Энн выключила свет и, подхватив сумку, прошла через гостиную в кухню. Милли стояла у плиты, приглядывая за маленькой кастрюлькой.
– Вчерашний картофель и овощи с последним кусочком окорока. – Молли с улыбкой мельком взглянула на Энн, затем наклонилась и открыла дверцу духовки. – Вот, держи. – Она протянула Энн домашние туфли. – Прекрасно прогрелись, и заметь, я их не сожгла.
– Ты прелесть. О-о, как замечательно!
– Так я и думала. Что принесла?
Энн над раковиной осторожно освобождала из газетного свертка небольшой глиняный горшок. Стряхнув прилипшую к нему землю, Энн приподняла горшок и показала Милли зеленые росточки.
– Это вереск. От королевы.
– Королева подарила вереск? Тебе?
– Не мне одной. Нам всем. Тем, кто работал над последним комплектом платьев. Они с принцессами берут эти наряды в Южную Африку. Было так много вышивки бисером! Одно платье – его королева наденет на двадцать первый день рождения принцессы Елизаветы – расшито блестками почти полностью. Поэтому в знак благодарности нам прислали вереск из Шотландии.
– Не так уж велика эта благодарность. – Милли наморщила нос.
– Разве ты не видела, как вереск цветет? Красота невероятная! А это, между прочим, белый вереск. Одна из девушек сказала, он приносит удачу.
Милли вернулась к плите и продолжила помешивать еду.
– Думаю, все готово. Я разложу ужин по тарелкам, а ты можешь накрыть на стол.
– Хорошо, а еще я включу приемник. Послушаем семичасовые новости по радио «Лайт».
Отбытие королевской семьи в Южную Африку наверняка станет главным событием дня. Монархи, как известно, не из тех, кто просто прыгает в кэб с парой чемоданов. Если верить газетам, поездка должна начаться с процессии экипажей от Букингемского дворца до вокзала Ватерлоо, где король, королева и принцессы в сопровождении десятков слуг и помощников официально попрощаются с множеством сановников перед посадкой в поезд до Портсмута. А платья, костюмы и вечерние туалеты, которые помогала шить Энн, станут частью исторического путешествия.

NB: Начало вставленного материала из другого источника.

-- ===== src/Reconciliation/Determine/Pointwise.antt =====
-- The operations of a reconciliation, path by path.
use obsidian_yandex_disk_syn.Common.{
  ◌≡◌, refl, sym, inl, inr, Bool, false, ◌||◌, Option, none, some, List, [], ◌∷◌, ◌++◌, arith,
  if◌then◌else◌, is_some, ◌==◌, nat_eq, bool_eq, option_eq, list_eq, Bool-cases, has,
}
use obsidian_yandex_disk_syn.Common.Text.{Text}
use obsidian_yandex_disk_syn.Common.Dict.{Dict, lookup}
use obsidian_yandex_disk_syn.Reconciliation.Operation.{
  keep, SyncOperation, is_active, with_causal_origin,
}
use obsidian_yandex_disk_syn.Types.{FileMetadata, FolderTombstone}
use obsidian_yandex_disk_syn.Reconciliation.Resolve.{compare_files, resolve_rest, resolve_action}
use obsidian_yandex_disk_syn.Canonical.Folder.{find_folder_tombstone}
use obsidian_yandex_disk_syn.Reconciliation.Determine.{
  Sources, add_path, add_keys, collect_all_paths, decide_operation, decide_path, push_operations,
  with_causal_origins, determine_operations,
}

compare_files-path :
    (path : Text) (here remote : FileMetadata) (base index : Option FileMetadata)
    → (compare_files path here remote base index).path ≡ path
unfolding compare_files
compare_files-path path here remote none index = ground arith
compare_files-path path here remote (some base) index = ground arith

resolve_rest-path :
    (path : Text) (here remote base index : Option FileMetadata)
    → (resolve_rest path here remote base index).path ≡ path
unfolding resolve_rest
resolve_rest-path path none none base index = ground arith
resolve_rest-path path none (some remote) none index = refl
resolve_rest-path path none (some remote) (some base) none = ground arith
resolve_rest-path path none (some remote) (some base) (some index) = ground arith
resolve_rest-path path (some here) none base none = refl
resolve_rest-path path (some here) none base (some index) = ground arith
resolve_rest-path path (some here) (some remote) base index =
    compare_files-path path here remote base index

resolve_action-path :
    (path : Text) (here remote base index : Option FileMetadata) (pending : Bool)
    → (resolve_action path here remote base index pending).path ≡ path
unfolding resolve_action
resolve_action-path path none none base index pending =
    ground (arith, resolve_rest-path path none none base index)
resolve_action-path path none (some remote) base index pending =
    ground (arith, resolve_rest-path path none (some remote) base index)
resolve_action-path path (some here) remote base index pending =
    ground (arith, resolve_rest-path path (some here) remote base index)

decide_operation-path :
    (path : Text) (tombstone : Option FolderTombstone)
    (here remote base index : Option FileMetadata) (pending : Bool)
    → (decide_operation path tombstone here remote base index pending).path ≡ path
unfolding decide_operation
decide_operation-path path none here remote base index pending =
    resolve_action-path path here remote base index pending
decide_operation-path path (some tombstone) here remote base index pending =
    ground (arith, resolve_action-path path here remote base index pending)

-- A path that no source names needs nothing.
decide_operation-absent :
    (path : Text) (tombstone : Option FolderTombstone) (pending : Bool)
    → (decide_operation path tombstone none none none none pending).action ≡ keep
unfolding decide_operation resolve_action
decide_operation-absent path none pending = refl
decide_operation-absent path (some tombstone) pending = ground arith

has-append_one :
    (paths : List Text) (p q : Text) → has (paths ++ p ∷ []) q ≡ (q == p || has paths q)
has-append_one [] p q = ground arith
has-append_one (x ∷ paths) p q = ground (arith, has-append_one paths p q)

has-add_path : (paths : List Text) (p q : Text) → has (add_path paths p) q ≡ (q == p || has paths q)
has-add_path paths p q = elim (Bool-cases (has paths p)) [
  | inl old ↦ rw old (ground arith)
  | inr new ↦ rw new (has-append_one paths p q)
]

abbrev Nodup : List Text → Type 0
Nodup [] = Unit
Nodup (path ∷ paths) = (has paths path ≡ false) × Nodup paths

Nodup-append_one :
    (paths : List Text) (p : Text) → has paths p ≡ false → Nodup paths → Nodup (paths ++ p ∷ [])
Nodup-append_one [] p new h = (refl, tt)
Nodup-append_one (x ∷ paths) p new h =
    (ground (arith, has-append_one paths p x), Nodup-append_one paths p (ground arith) h.1)

Nodup-add_path : (paths : List Text) (p : Text) → Nodup paths → Nodup (add_path paths p)
Nodup-add_path paths p h = elim (Bool-cases (has paths p)) [
  | inl old ↦ rw old h
  | inr new ↦ rw new (Nodup-append_one paths p new h)
]

Nodup-add_keys :
    (paths : List Text) (d : Dict Text FileMetadata) → Nodup paths → Nodup (add_keys paths d)
unfolding add_keys
Nodup-add_keys paths [] h = h
Nodup-add_keys paths ((p, m) ∷ d) h = Nodup-add_keys (add_path paths p) d (Nodup-add_path paths p h)

has-add_keys :
    (paths : List Text) (d : Dict Text FileMetadata) (q : Text)
    → has (add_keys paths d) q ≡ (is_some (lookup q d) || has paths q)
unfolding add_keys lookup
has-add_keys paths [] q = refl
has-add_keys paths ((p, m) ∷ d) q =
    ground (arith, has-add_keys (add_path paths p) d q, has-add_path paths p q)

-- The operations of a path.
unfoldable pub operations_at : Text → List SyncOperation → List SyncOperation
operations_at path [] = []
operations_at path (o ∷ os) =
    if o.path == path then o ∷ operations_at path os else operations_at path os

-- The decision for one path by itself, with its origin, where there is something to do.
unfoldable pub decided : Sources → Text → List SyncOperation
decided s path =
    let o = decide_path s path in
    if is_active o.action then with_causal_origin o (lookup path s.remote_index) ∷ [] else []

with_causal_origin-path :
    (o : SyncOperation) (canonical : Option FileMetadata)
    → (with_causal_origin o canonical).path ≡ o.path
unfolding with_causal_origin
with_causal_origin-path o canonical = ground arith

decide_path-path : (s : Sources) (path : Text) → (decide_path s path).path ≡ path
unfolding decide_path
decide_path-path s path =
    decide_operation-path path (find_folder_tombstone path s.folder_tombstones)
      (lookup path s.local_files) (lookup path s.remote_files) (lookup path s.local_index)
      (lookup path s.remote_index) (has s.pending_local_deletes path)

decide_path-absent :
    (s : Sources) (path : Text)
    → lookup path s.local_files ≡ none
    → lookup path s.remote_files ≡ none
    → lookup path s.local_index ≡ none
    → lookup path s.remote_index ≡ none
    → (decide_path s path).action ≡ keep
unfolding decide_path
decide_path-absent s path a b c d =
    rw (a, b, c, d)
      (decide_operation-absent path (find_folder_tombstone path s.folder_tombstones)
        (has s.pending_local_deletes path))

-- The stage after the loop keeps every path, so the operations of a path pass through it.
operations_at-pushed :
    (s : Sources) (path : Text) (paths : List Text)
    → Nodup paths
    → operations_at path (with_causal_origins s.remote_index (push_operations s paths))
      ≡ (if has paths path then decided s path else [])
unfolding operations_at push_operations with_causal_origins decided
operations_at-pushed s path [] h = refl
operations_at-pushed s path (q ∷ paths) h = elim (Bool-cases (is_active (decide_path s q).action)) [
  | inl act ↦ rw (act) (
      ground (
        arith,
        operations_at-pushed s path paths h.1,
        decide_path-path s q,
        with_causal_origin-path (decide_path s q) (lookup (decide_path s q).path s.remote_index),
      ))
  | inr idle ↦ rw (idle) (ground (arith, operations_at-pushed s path paths h.1))
]

has-all_paths :
    (s : Sources) (path : Text)
    → has (collect_all_paths s.local_files s.remote_files s.local_index s.remote_index) path ≡ (
        is_some (lookup path s.remote_index)
        || is_some (lookup path s.local_index)
        || is_some (lookup path s.remote_files)
        || is_some (lookup path s.local_files))
unfolding collect_all_paths
has-all_paths s path =
    let one = add_keys [] s.local_files in
    let two = add_keys one s.remote_files in
    let three = add_keys two s.local_index in
    ground (
      arith,
      has-add_keys three s.remote_index path,
      has-add_keys two s.local_index path,
      has-add_keys one s.remote_files path,
      has-add_keys [] s.local_files path,
    )

Nodup-all_paths :
    (s : Sources)
    → Nodup (collect_all_paths s.local_files s.remote_files s.local_index s.remote_index)
unfolding collect_all_paths
Nodup-all_paths s = Nodup-add_keys _ s.remote_index (
    Nodup-add_keys _ s.local_index
      (Nodup-add_keys _ s.remote_files (Nodup-add_keys [] s.local_files tt)))

decided-absent :
    (s : Sources) (path : Text)
    → has (collect_all_paths s.local_files s.remote_files s.local_index s.remote_index) path ≡ false
    → decided s path ≡ []
unfolding decided
decided-absent s path h =
    let keeps =
      decide_path-absent s path (ground (arith, has-all_paths s path))
        (ground (arith, has-all_paths s path)) (ground (arith, has-all_paths s path))
        (ground (arith, has-all_paths s path)) in
    rw keeps refl

-- A reconciliation decides each path on its own: for every path, the operations that it returns for
-- the path are the one decision from the four states of that path, with its origin, or none where
-- that decision is to do nothing. So a path has one operation at most, and no path is missed.
pub determine_operations_pointwise :
    (s : Sources) (path : Text) → operations_at path (determine_operations s) ≡ decided s path
unfolding determine_operations
determine_operations_pointwise s path =
    let paths = collect_all_paths s.local_files s.remote_files s.local_index s.remote_index in
    elim (Bool-cases (has paths path)) [
      | inl named ↦ rw (operations_at-pushed s path paths (Nodup-all_paths s)) (rw named refl)
      | inr absent ↦
          rw (operations_at-pushed s path paths (Nodup-all_paths s))
            (rw absent (sym (decided-absent s path absent)))
    ]
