-- ===== src/L402/Wire/Fields.antt =====
-- The fields of the wire format: what is written for one, the parser reads.
use dcr.Prelude.{
  ℕ, zero, suc, ◌+◌, ◌/◌, ◌^◌, ◌≤◌, ◌<◌, ◌≡◌, ◌∙◌, ap, List, [], ◌∷◌, ◌++◌, some, length, arith,
  take-append_left, drop-append_left, length-append,
}
use mathlib.Core.List.{append_assoc}
use dcr.Prelude.Bytes.{Bytes}
use dcr.L402.{ok}
use dcr.L402.Wire.{
  put_uvarint, uvarint, append_varint, append_packet, Packet, parse_packet, parse_section,
}

uvarint-put_uvarint :
    (fuel n i : ℕ) (rest : Bytes)
    → n < 128 ^ fuel
    → fuel + i ≤ 9
    → uvarint i (put_uvarint (suc fuel) n ++ rest) ≡ some (n, rest)
unfolding uvarint put_uvarint
uvarint-put_uvarint zero n i rest h k = ground arith
uvarint-put_uvarint (suc fuel) n i rest h k =
    ground (arith, uvarint-put_uvarint fuel (n / 128) (suc i) rest (omega arith) (omega arith))

-- The bytes of one field.
unfoldable pub packet : ℕ → Bytes → Bytes
packet ft text = ft ∷ (put_uvarint 10 (length text) ++ text)

-- What `parse_packet` finds behind the bytes of one field.
unfoldable pub Reads : ℕ → Bytes → Bytes → Type 0
Reads ft text rest =
    parse_packet (packet ft text ++ rest) ≡ ok (rest, record { field_type = ft; text = text })

uvarint-byte : (ft : ℕ) (rest : Bytes) → ft < 128 → uvarint 0 (ft ∷ rest) ≡ some (ft, rest)
unfolding uvarint
uvarint-byte ft rest h = ground arith

uvarint-length :
    (text rest : Bytes)
    → length text < 2 ^ 63
    → uvarint 0 ((put_uvarint 10 (length text) ++ text) ++ rest) ≡ some (length text, text ++ rest)
uvarint-length text rest size =
    ap (uvarint 0) (append_assoc (put_uvarint 10 (length text)) text rest)
    ∙ uvarint-put_uvarint 9 (length text) 0 (text ++ rest) size (omega arith)

pub parse_packet-packet :
    (ft : ℕ) (text rest : Bytes) → 0 < ft → ft < 128 → length text < 2 ^ 63 → Reads ft text rest
unfolding parse_packet packet Reads
parse_packet-packet ft text rest h k size =
    rw
      (
        uvarint-byte ft ((put_uvarint 10 (length text) ++ text) ++ rest) k,
        uvarint-length text rest size,
      )
      (ground
        (arith, take-append_left text rest, drop-append_left text rest, length-append text rest))

pub parse_section-packet :
    (fuel ft : ℕ) (text rest : Bytes) (ps : List Packet)
    → 0 < ft
    → ft < 128
    → length text < 2 ^ 63
    → parse_section (suc fuel) (packet ft text ++ rest) ps
      ≡ parse_section fuel rest (ps ++ (record { field_type = ft; text = text } ∷ []))
unfolding parse_section packet Reads
parse_section-packet fuel ft text rest ps h k size =
    rw (parse_packet-packet ft text rest h k size) (ground arith)

pub parse_section-eos :
    (fuel : ℕ) (rest : Bytes) (ps : List Packet)
    → parse_section (suc fuel) (0 ∷ rest) ps ≡ ok (rest, ps)
unfolding parse_section parse_packet uvarint
parse_section-eos fuel rest ps = ground arith

abbrev pub IsShort : Bytes → Type 0
IsShort text = length text < 2 ^ 63

parse_section-enough :
    (fuel ft : ℕ) (text rest : Bytes)
    → 2 ≤ fuel
    → 0 < ft
    → ft < 128
    → IsShort text
    → parse_section fuel (packet ft text ++ (0 ∷ rest)) []
      ≡ ok (rest, record { field_type = ft; text = text } ∷ [])
parse_section-enough zero ft text rest f h k size = ground arith
parse_section-enough (suc zero) ft text rest f h k size = ground arith
parse_section-enough (suc (suc fuel)) ft text rest f h k size =
    parse_section-packet (suc fuel) ft text (0 ∷ rest) [] h k size
    ∙ parse_section-eos fuel rest (record { field_type = ft; text = text } ∷ [])

pub length-packet : (ft : ℕ) (text : Bytes) → 1 ≤ length (packet ft text)
unfolding packet
length-packet ft text = ground arith

pub parse_section-one :
    (ft : ℕ) (text rest : Bytes)
    → 0 < ft
    → ft < 128
    → IsShort text
    → parse_section (length (packet ft text ++ (0 ∷ rest))) (packet ft text ++ (0 ∷ rest)) []
      ≡ ok (rest, record { field_type = ft; text = text } ∷ [])
parse_section-one ft text rest h k size =
    parse_section-enough (length (packet ft text ++ (0 ∷ rest))) ft text rest
      (omega (arith, length-append (packet ft text) (0 ∷ rest), length-packet ft text)) h k size

put_uvarint-byte : (n : ℕ) → n < 128 → put_uvarint 10 n ≡ n ∷ []
unfolding put_uvarint
put_uvarint-byte n h = ground arith

pub append_packet-packet :
    (buf : Bytes) (ft : ℕ) (text : Bytes)
    → ft < 128
    → append_packet buf ft text ≡ buf ++ packet ft text
unfolding append_packet append_varint packet
append_packet-packet buf ft text h = rw (put_uvarint-byte ft h) (
    append_assoc (buf ++ (ft ∷ [])) (put_uvarint 10 (length text)) text
    ∙ append_assoc buf (ft ∷ []) (put_uvarint 10 (length text) ++ text))
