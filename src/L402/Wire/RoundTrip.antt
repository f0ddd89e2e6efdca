-- ===== src/L402/Wire/RoundTrip.antt =====
-- What `MarshalBinary` writes, `UnmarshalBinary` reads back.
use dcr.Prelude.{
  ℕ, zero, suc, ◌^◌, ◌≤◌, ◌<◌, ◌≡◌, ◌∙◌, refl, sym, ap, List, [], ◌∷◌, ◌++◌, length, All,
  if◌then◌else◌, arith, length-append, Bool-cases, inl, inr,
}
use mathlib.Core.List.{append-nil, append_assoc}
use dcr.Prelude.Bytes.{Bytes, str_eq}
use dcr.L402.{ok, Macaroon}
use dcr.L402.Wire.{
  uvarint, append_packet, append_caveats, marshal_binary, Packet, parse_packet, parse_section,
  parse_caveats, unmarshal_body, unmarshal_binary, header_of,
}
use dcr.L402.Wire.Fields.{
  packet, Reads, parse_packet-packet, parse_section-packet, parse_section-eos, IsShort,
  length-packet, parse_section-one, append_packet-packet,
}

-- The bytes of the caveats.
caveat_bytes : List Bytes → Bytes
caveat_bytes [] = []
caveat_bytes (cav ∷ caveats) = packet 2 cav ++ (0 ∷ caveat_bytes caveats)

parse_caveats-packet :
    (fuel : ℕ) (cav : Bytes) (acc : List Bytes) (rest : Bytes)
    → IsShort cav
    → parse_caveats (suc fuel) (packet 2 cav ++ (0 ∷ rest)) acc
      ≡ parse_caveats fuel rest (acc ++ (cav ∷ []))
unfolding parse_caveats
parse_caveats-packet fuel cav acc rest size =
    rw (parse_section-one 2 cav rest (omega arith) (omega arith) size) refl

parse_caveats-eos :
    (fuel : ℕ) (acc : List Bytes) (rest : Bytes)
    → parse_caveats (suc fuel) (0 ∷ rest) acc ≡ ok (rest, acc ++ [])
unfolding parse_caveats parse_section parse_packet uvarint
parse_caveats-eos fuel acc rest = rw (append-nil acc) refl

parse_caveats-caveat_bytes :
    (fuel : ℕ) (caveats acc : List Bytes) (rest : Bytes)
    → length caveats < fuel
    → All IsShort caveats
    → parse_caveats fuel (caveat_bytes caveats ++ (0 ∷ rest)) acc ≡ ok (rest, acc ++ caveats)
unfolding caveat_bytes
parse_caveats-caveat_bytes zero caveats acc rest h short = ground arith
parse_caveats-caveat_bytes (suc fuel) [] acc rest h short = parse_caveats-eos fuel acc rest
parse_caveats-caveat_bytes (suc fuel) (cav ∷ caveats) acc rest h short =
    ap (λ t. parse_caveats (suc fuel) t acc)
      (append_assoc (packet 2 cav) (0 ∷ caveat_bytes caveats) (0 ∷ rest))
    ∙ parse_caveats-packet fuel cav acc (caveat_bytes caveats ++ (0 ∷ rest)) short.0
    ∙ parse_caveats-caveat_bytes fuel caveats (acc ++ (cav ∷ [])) rest (omega arith) short.1
    ∙ ap (λ cs. ok (rest, cs)) (append_assoc acc (cav ∷ []) caveats)

append_caveats-caveat_bytes :
    (buf : Bytes) (caveats : List Bytes) → append_caveats buf caveats ≡ buf ++ caveat_bytes caveats
unfolding append_caveats caveat_bytes
append_caveats-caveat_bytes buf [] = sym (append-nil buf)
append_caveats-caveat_bytes buf (cav ∷ caveats) =
    append_caveats-caveat_bytes (append_packet buf 2 cav ++ (0 ∷ [])) caveats
    ∙ append_assoc (append_packet buf 2 cav) (0 ∷ []) (caveat_bytes caveats)
    ∙ ap (λ b. b ++ (0 ∷ caveat_bytes caveats)) (append_packet-packet buf 2 cav (omega arith))
    ∙ append_assoc buf (packet 2 cav) (0 ∷ caveat_bytes caveats)

-- The bytes behind the location.
tail_bytes : Macaroon → Bytes
tail_bytes m = packet 2 m.id ++ (0 ∷ (caveat_bytes m.caveats ++ (0 ∷ packet 6 m.signature)))

-- The location's field, which the empty location does not have.
location_bytes : Bytes → Bytes
location_bytes location = if str_eq location [] then [] else packet 1 location

reassociate :
    (l i c s : Bytes)
    → ((((l ++ i) ++ (0 ∷ [])) ++ c) ++ (0 ∷ [])) ++ s ≡ l ++ (i ++ (0 ∷ (c ++ (0 ∷ s))))
reassociate l i c s =
    append_assoc (((l ++ i) ++ (0 ∷ [])) ++ c) (0 ∷ []) s
    ∙ append_assoc ((l ++ i) ++ (0 ∷ [])) c (0 ∷ s)
    ∙ append_assoc (l ++ i) (0 ∷ []) (c ++ (0 ∷ s))
    ∙ append_assoc l i (0 ∷ (c ++ (0 ∷ s)))

marshal_behind :
    (located : Bytes) (m : Macaroon)
    → append_packet
        (append_caveats (append_packet located 2 m.id ++ (0 ∷ [])) m.caveats ++ (0 ∷ []))
        6
        m.signature
      ≡ located ++ tail_bytes m
unfolding tail_bytes
marshal_behind located m =
    append_packet-packet _ 6 m.signature (omega arith)
    ∙ ap (λ b. (b ++ (0 ∷ [])) ++ packet 6 m.signature)
        (append_caveats-caveat_bytes (append_packet located 2 m.id ++ (0 ∷ [])) m.caveats
          ∙ ap (λ b. (b ++ (0 ∷ [])) ++ caveat_bytes m.caveats)
              (append_packet-packet located 2 m.id (omega arith)))
    ∙ reassociate located (packet 2 m.id) (caveat_bytes m.caveats) (packet 6 m.signature)

marshal_binary_bytes :
    (m : Macaroon) → marshal_binary m ≡ 2 ∷ (location_bytes m.location ++ tail_bytes m)
unfolding marshal_binary tail_bytes location_bytes
marshal_binary_bytes m = elim (Bool-cases (str_eq m.location [])) [
  | inl e ↦ rw (marshal_binary, e) (marshal_behind (2 ∷ []) m)
  | inr e ↦
      rw (marshal_binary, e)
        (marshal_behind (append_packet (2 ∷ []) 1 m.location) m
          ∙ ap (λ b. b ++ tail_bytes m) (append_packet-packet (2 ∷ []) 1 m.location (omega arith)))
]

-- Every field of the macaroon is shorter than a slice of Go can be, and its signature has 32 bytes.
pub record Fits (m : Macaroon) : Type 0 where
  pub location : length m.location < 2 ^ 63
  pub id : length m.id < 2 ^ 63
  pub caveats : All (λ cav. length cav < 2 ^ 63) m.caveats
  pub signature : length m.signature ≡ 32

length-caveat_bytes : (caveats : List Bytes) → length caveats ≤ length (caveat_bytes caveats)
unfolding caveat_bytes
length-caveat_bytes [] = omega arith
length-caveat_bytes (cav ∷ caveats) = omega (
  arith,
  length-caveat_bytes caveats,
  length-append (packet 2 cav) (0 ∷ caveat_bytes caveats),
  length-packet 2 cav,
)

unmarshal_body_rest :
    (m : Macaroon)
    → Fits m
    → let rest = caveat_bytes m.caveats ++ (0 ∷ packet 6 m.signature) in
      (parse_caveats (suc (length rest)) rest [] ≡ ok (packet 6 m.signature, m.caveats))
      × (parse_packet (packet 6 m.signature)
          ≡ ok ([], record { field_type = 6; text = m.signature }))
unfolding Reads
unmarshal_body_rest m f =
    let c = caveat_bytes m.caveats in
    let s = packet 6 m.signature in
    (
      parse_caveats-caveat_bytes (suc (length (c ++ (0 ∷ s)))) m.caveats [] s
          (omega (arith, length-append c (0 ∷ s), length-caveat_bytes m.caveats)) f.caveats,
      ap parse_packet (sym (append-nil s))
          ∙ parse_packet-packet 6 m.signature [] (omega arith) (omega arith)
              (omega (arith, f.signature)),
    )

unmarshal_body-tail :
    (m : Macaroon) (head : Bytes) (header : List Packet)
    → Fits m
    → parse_section (length (head ++ tail_bytes m)) (head ++ tail_bytes m) []
      ≡ ok (caveat_bytes m.caveats ++ (0 ∷ packet 6 m.signature), header)
    → header_of header ≡ ok (m.location, m.id)
    → unmarshal_body (head ++ tail_bytes m) ≡ ok m
unfolding unmarshal_body
unmarshal_body-tail m head header f e h =
    rw (e, h, (unmarshal_body_rest m f).0, (unmarshal_body_rest m f).1, f.signature) refl

-- A header of a location and an identifier.
parse_section-two :
    (fuel : ℕ) (location id rest : Bytes)
    → 3 ≤ fuel
    → IsShort location
    → IsShort id
    → parse_section fuel (packet 1 location ++ (packet 2 id ++ (0 ∷ rest))) []
      ≡ ok (
        rest,
        record { field_type = 1; text = location } ∷ record { field_type = 2; text = id } ∷ [],
      )
parse_section-two zero location id rest f hl hi = ground arith
parse_section-two (suc zero) location id rest f hl hi = ground arith
parse_section-two (suc (suc zero)) location id rest f hl hi = ground arith
parse_section-two (suc (suc (suc fuel))) location id rest f hl hi =
    let first : Packet = record { field_type = 1; text = location } in
    let second : Packet = record { field_type = 2; text = id } in
    parse_section-packet (suc (suc fuel)) 1 location (packet 2 id ++ (0 ∷ rest)) [] (omega arith)
      (omega arith) hl
    ∙ parse_section-packet (suc fuel) 2 id (0 ∷ rest) (first ∷ []) (omega arith) (omega arith) hi
    ∙ parse_section-eos fuel rest (first ∷ second ∷ [])

unmarshal_body-bare :
    (m : Macaroon) → Fits m → m.location ≡ [] → unmarshal_body (tail_bytes m) ≡ ok m
unfolding tail_bytes
unmarshal_body-bare m f e =
    unmarshal_body-tail m [] (record { field_type = 2; text = m.id } ∷ []) f
      (parse_section-one 2 m.id (caveat_bytes m.caveats ++ (0 ∷ packet 6 m.signature)) (omega arith)
        (omega arith) f.id)
      (ap (λ l. ok (l, m.id)) (sym e))

unmarshal_body-located :
    (m : Macaroon) → Fits m → unmarshal_body (packet 1 m.location ++ tail_bytes m) ≡ ok m
unfolding tail_bytes
unmarshal_body-located m f =
    let rest = caveat_bytes m.caveats ++ (0 ∷ packet 6 m.signature) in
    unmarshal_body-tail m (packet 1 m.location)
      (record { field_type = 1; text = m.location } ∷ record { field_type = 2; text = m.id } ∷ []) f
      (parse_section-two (length (packet 1 m.location ++ tail_bytes m)) m.location m.id rest
        (omega (
          arith,
          length-append (packet 1 m.location) (tail_bytes m),
          length-append (packet 2 m.id) (0 ∷ rest),
          length-packet 1 m.location,
          length-packet 2 m.id,
        ))
        f.location f.id)
      refl

-- A macaroon that is written in the V2 wire format is what is read back from these bytes, whatever
-- bytes its identifier and its caveats hold, with an empty location or with one.
pub unmarshal_binary-marshal_binary :
    (m : Macaroon) → Fits m → unmarshal_binary (marshal_binary m) ≡ ok m
unfolding unmarshal_binary location_bytes
unmarshal_binary-marshal_binary m f = elim (Bool-cases (str_eq m.location [])) [
  | inl e ↦ rw (marshal_binary_bytes m, e) (unmarshal_body-bare m f (ground arith))
  | inr e ↦ rw (marshal_binary_bytes m, e) (unmarshal_body-located m f)
]
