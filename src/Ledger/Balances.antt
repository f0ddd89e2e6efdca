-- ===== src/Ledger/Balances.antt =====
-- The sum of the balances of a ledger, under an update of one account.
use dcr.Prelude.{◌≡◌, [], ◌∷◌, arith}
use dcr.Prelude.Int64.{ℤ, pos, ◌+ℤ◌, ◌≤ℤ◌, int_laws}
use dcr.Prelude.Bytes.{Bytes, Dict, lookup, lookup_or, insert}

abbrev pub sum : Dict ℤ → ℤ
sum [] = pos 0
sum ((_, v) ∷ d) = v +ℤ sum d

-- An account that is not there counts as one that holds nothing.
pub sum-insert :
    (k : Bytes) (v : ℤ) (d : Dict ℤ) → sum (insert k v d) +ℤ lookup_or k d (pos 0) ≡ sum d +ℤ v
unfolding lookup insert
sum-insert k v [] = omega int_laws
sum-insert k v ((j, w) ∷ d) = grind (int_laws, sum-insert k v d)

-- No balance is below zero.
abbrev pub IsNonneg : Dict ℤ → Type 0
IsNonneg [] = Unit
IsNonneg ((_, v) ∷ d) = (pos 0 ≤ℤ v) × IsNonneg d

pub insert-IsNonneg :
    (k : Bytes) (v : ℤ) (d : Dict ℤ) → pos 0 ≤ℤ v → IsNonneg d → IsNonneg (insert k v d)
unfolding insert
insert-IsNonneg k v [] p h = (p, tt)
insert-IsNonneg k v ((j, w) ∷ d) p h = ground (arith, insert-IsNonneg k v d p h.1)

pub lookup-le-sum :
    (k : Bytes) (d : Dict ℤ)
    → IsNonneg d
    → (pos 0 ≤ℤ lookup_or k d (pos 0)) × (lookup_or k d (pos 0) ≤ℤ sum d) × (pos 0 ≤ℤ sum d)
unfolding lookup
lookup-le-sum k [] h = omega arith
lookup-le-sum k ((j, w) ∷ d) h = grind (int_laws, lookup-le-sum k d h.1)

Она работала на мистера Хартнелла уже одиннадцать лет. Пора бы привыкнуть к тому, что королева носит наряды, созданные руками Энн. Ее родных и друзей этим уже давно не удивить. Милли так и вовсе скептически смотрела на Энн, когда та приходила домой с горящими от возбуждения глазами.
А вот Энн решительно ничего не могла с собой поделать. Она до сих пор не уставала изумляться. Ничем не примечательная девушка из Баркинга, она должна была, как многие другие, несколько лет трудиться на фабрике или в магазине, а потом выйти замуж и посвятить себя супругу и детям. Но по прихоти судьбы Энн устроилась в мастерскую самого известного в Британии модельера, стала одной из лучших его вышивальщиц и работала над платьями, которыми восхищались и о которых грезили миллионы женщин.
Впрочем, все могло сложиться иначе. Когда четырнадцатилетняя Энн окончила школу, у нее не было денег на курсы секретарей или стенографисток. Поэтому она отправилась на биржу труда, где женщина с землистым лицом показала ей список вакансий. Одни названия наводили ужас. Помощник оператора швейного станка, подмастерье токаря, чистильщик паровозных двигателей. Энн в отчаянии перевернула страницу и прочитала:
«Ученица вышивальщицы, центральный Лондон, всему научим».
– Вот, – застенчиво сказала она, указывая на надпись. – «Ученица вышивальщицы». Что это за работа?
– Я знаю не больше твоего. Дай-ка посмотрю регистрационный номер… Верно, вакансия у Хартнелла, который шьет наряды для королевы.
– Для королевы?!
– Да, – отрезала женщина. – Тебе нужна работа или нет?
– Нужна! Только… я не очень ловко шью.
– Ты что, читать разучилась? Тут сказано: всему научат. – Она записала адрес на листе бумаги и сунула его Энн через стол. – Я позвоню и предупрежу, что ты придешь. Тебя будут ждать завтра к половине девятого. Не опаздывай. И вымой руки.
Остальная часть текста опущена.